La percentuale aumenta se si considerano le risposte pesate per il grado di “convinzione”. In tal caso, conteggiando solo chi ha risposto, la percentuale degli economisti che ritiene che l’intervento fiscale di Obama abbia ridotto la disoccupazione arriva al 97%.
La seconda domanda è ancor più interessante, perché il vantaggio della riduzione della disoccupazione potrebbe essere compensato dai costi dell’intervento stesso. Ma anche considerando tutti questi costi, la stragrande maggioranza (75% tra chi ha risposto) ritiene che lo stimolo fiscale sia stata una buona idea e i convintamente contrari rimangono una piccola minoranza:
Ma la cosa più divertente è che l’unico ad aver risposto negativamente ad entrambi i quesiti è stato Alberto Alesina e per di più dicendosi molto convinto della risposta data
Forse il Corriere potrebbe scegliere come editorialista economico qualcuno della restante quasi totalità degli economisti.

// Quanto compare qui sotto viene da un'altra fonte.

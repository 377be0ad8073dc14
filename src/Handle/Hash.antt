-- ===== src/Handle/Hash.antt =====
-- Handles modulo the size of the table, a power of two.
use Prim.Native.Nat.{◌∣◌}
use native.Mathlib.Nat.{mod-mod_of_dvd, dvd-mul_left, pow-suc, add-mul-mod_self_right}
use jump.Base.{
  ℕ, zero, suc, ◌+◌, ◌-◌, ◌*◌, ◌%◌, ◌^◌, ◌≡◌, ◌≤◌, ◌<◌, ap, sym, ◌∙◌, ℕ_discrete, arith,
}

-- A power of two up to 2^24.
abbrev pub Size : ℕ → Type 0
Size n = (k : ℕ) × (n ≡ 2 ^ k) × (k ≤ 24)

two_pow : (k : ℕ) → 2 ^ suc k ≡ 2 ^ k * 2
two_pow k = pow-suc 2 k

pow_pos : (k : ℕ) → 0 < 2 ^ k
pow_pos zero = omega arith
pow_pos (suc k) = omega (arith, two_pow k, pow_pos k)

-- How often it fits.
quotient : (d k : ℕ) → d + k ≡ 24 → (c : ℕ) × (2 ^ 24 ≡ c * 2 ^ k)
quotient zero k e = let f : k ≡ 24 = omega arith in (1, rw f)
quotient (suc d) k e =
    let (c, q) = quotient d (suc k) (omega arith) in (c * 2, rw (q, two_pow k) (omega arith))

pub Size-dvd : {n : ℕ} → Size n → n ∣ 2 ^ 24
Size-dvd {n} (k, e, h) =
    let (c, q) = quotient (24 - k) k (omega arith) in rw (e, q) (dvd-mul_left (2 ^ k) c)

pub Size-pos : {n : ℕ} → Size n → 0 < n
Size-pos {n} (k, e, h) = rw e (pow_pos k)

-- Twice the size, where the handles leave room for it.
pub Size-double : {n : ℕ} → Size n → n * 2 ≤ 2 ^ 24 → Size (n * 2)
Size-double {n} (k, e, h) r = (suc k, rw e (sym (two_pow k)), small)
  where
    small : suc k ≤ 24
    small = elim (ℕ_discrete k 24) [
      | yes q ↦ absurd (let f : n ≡ 2 ^ 24 = e ∙ ap (λ x. 2 ^ x) q in omega arith)
      | no q ↦ omega arith
    ]

-- Neither the harbor nor the mask of the handles changes a slot.
pub mod_harbor : {n : ℕ} (h a : ℕ) → Size n → (h + a * 2 ^ 24) % n ≡ h % n
mod_harbor {n} h a z =
    sym (mod-mod_of_dvd n (h + a * 2 ^ 24) (Size-dvd z))
    ∙ ap (λ x. x % n) (add-mul-mod_self_right h a (2 ^ 24))
    ∙ mod-mod_of_dvd n h (Size-dvd z)

pub mod_mask : {n : ℕ} (x : ℕ) → Size n → x % 2 ^ 32 % 2 ^ 24 % n ≡ x % n
mod_mask {n} x z = ap (λ y. y % n) (omega arith) ∙ mod-mod_of_dvd n x (Size-dvd z)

(Si ringrazia Alessandro Guerani per la segnalazione)
Alesina. LOL
Piena bocciatura di Alasina & C., sconfessati dai dati reali, i quali dimostrano l’infondatezza delle loro teorie, e dall’opinione di tanti economisti: facciano pubblico ammenda e ritornino sui banchi di scuola a studiare economia e, possibilmente, diritto, così come avevo proposto in un mio commento –proprio alle teorie alesiniane in materia di lavoro- pubblicato anche su questa rivista nel gennaio 2011 e di cui mi permetto di riportare uno stralcio qui di seguito:
A PROPOSITO DELL’ART. 18: PROF-ECONOMISTI E VACANZA DEL DIRITTO.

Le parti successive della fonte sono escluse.